No, Coronavirus Tests Will Not Be Available Online 'Within Days', Chief Medical Officer Says

Professor Chris Whitty said the antibody testing kits must first be available to NHS and frontline key workers.

Coronavirus antibody testing kits will not be available to order online “within days”, the UK’s chief medical officer has clarified.

Professor Chris Whitty, who is advising Boris Johnson’s government on tackling the disease, said the crucial tests would first be for “critical uses”, such as working out whether NHS staff and frontline key workers are immune.

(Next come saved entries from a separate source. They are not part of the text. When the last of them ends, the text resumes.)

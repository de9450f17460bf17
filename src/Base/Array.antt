-- ===== src/Base/Array.antt =====
-- A C array of fixed size as a function from indices, and the loops over it.
use Prim.Native.Nat.{ℕ, zero, suc, ◌+◌, ◌≤◌, ◌<◌}
use mathlib.Core.Path.{◌≡◌, refl}
use mathlib.Core.Logic.{inl, inr}
use mathlib.Core.Bool.{Bool, true, false}
use mathlib.Core.Option.{Option, none, some}
use native.Mathlib.Omega.{arith}
use xmu_learning_os.Base.Tests.{if◌then◌else◌, ◌==◌, ltb, Bool-cases}

module _ {ℓ} {A : Type ℓ} where
  -- `a[i] = v`
  abbrev pub update : (ℕ → A) → ℕ → A → ℕ → A
  update a i v j = if i == j then v else a j

  -- `for (i = 0; i < n; i++) a[i] = f(a[i])`
  unfoldable pub each : ℕ → (A → A) → (ℕ → A) → ℕ → A
  each zero f a = a
  each (suc n) f a = let b = each n f a in update b n (f (b n))

  pub each-at :
      (n : ℕ) (f : A → A) (a : ℕ → A) (j : ℕ) → each n f a j ≡ (if ltb j n then f (a j) else a j)
  unfolding each
  each-at zero f a j = ground arith
  each-at (suc n) f a j = ground (arith, each-at n f a j, each-at n f a n)

  -- `for (; n > 0; n--, i++) if (p(a[i])) return i; return none`
  unfoldable pub first : (A → Bool) → ℕ → ℕ → (ℕ → A) → Option ℕ
  first p zero i a = none
  first p (suc n) i a = let rest = first p n (i + 1) a in if p (a i) then some i else rest

  -- What `first` returns is in range, passes the test, and no index before it does.
  pub first-some :
      (p : A → Bool) (n i : ℕ) (a : ℕ → A) (j : ℕ)
      → first p n i a ≡ some j
      → (i ≤ j) × (j < i + n) × (p (a j) ≡ true)
  unfolding first
  first-some p zero i a j e = ground arith
  first-some p (suc n) i a j e = ground (arith, first-some p n (i + 1) a j)

  pub first-before :
      (p : A → Bool) (n i : ℕ) (a : ℕ → A) (j k : ℕ)
      → first p n i a ≡ some j
      → i ≤ k
      → k < j
      → p (a k) ≡ false
  unfolding first
  first-before p zero i a j k e h l = ground arith
  first-before p (suc n) i a j k e h l = elim (Bool-cases (i == k)) [
    | inl s ↦ ground arith
    | inr d ↦ ground (arith, first-before p n (i + 1) a j k)
  ]

  -- It returns nothing only where every index in range fails the test.
  pub first-none :
      (p : A → Bool) (n i : ℕ) (a : ℕ → A) (k : ℕ)
      → first p n i a ≡ none
      → i ≤ k
      → k < i + n
      → p (a k) ≡ false
  unfolding first
  first-none p zero i a k e h l = absurd (omega arith)
  first-none p (suc n) i a k e h l = elim (Bool-cases (i == k)) [
    | inl s ↦ ground arith
    | inr d ↦ ground (arith, first-none p n (i + 1) a k)
  ]

  -- The search depends on the outcome of the test only.
  pub first-cong :
      (p : A → Bool) (n i : ℕ) (a b : ℕ → A)
      → ((j : ℕ) → p (a j) ≡ p (b j))
      → first p n i a ≡ first p n i b
  unfolding first
  first-cong p zero i a b h = refl
  first-cong p (suc n) i a b h = rw (h i, first-cong p n (i + 1) a b h)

Doctors and scientists must figure out whether the 3.5m antibody tests the government has bought actually work, Whitty stressed.

It comes after Sharon Peacock, director of the National Infection Service at Public Health England, raised hopes at a Commons committee hearing by suggesting the mass of tests would be available for sale on sites like Amazon as early as next week.

England's Chief Medical Officer Chris Whitty
England's Chief Medical Officer Chris Whitty

“I do not think, and I want to be clear, that this is something will suddenly be ordering on the internet next week,” Whitty said, appearing alongside the prime minister at a press conference in Downing Street.

“Once we’re confident of which tests work, and how many therefore we’ve got available to use, there is a hierarchy of things that we need to do,” he said.

“We need to start off by answering that critical question (...) what proportion of people get this without any symptoms, because that has big implications for the way we then manage this - that’s a very early priority.

“Then we need to make sure we can get NHS workers tested to work out who is immune, or almost certainly immune, to this infection, and who isn’t, and we will basically go out in kind of a graded way from there.”

He underlined that the wider public were not the first priority for tests, adding: “We need to go through the evaluation, then the first critical uses, and then spread it out from that point of view. We need to do that in a systematic way.”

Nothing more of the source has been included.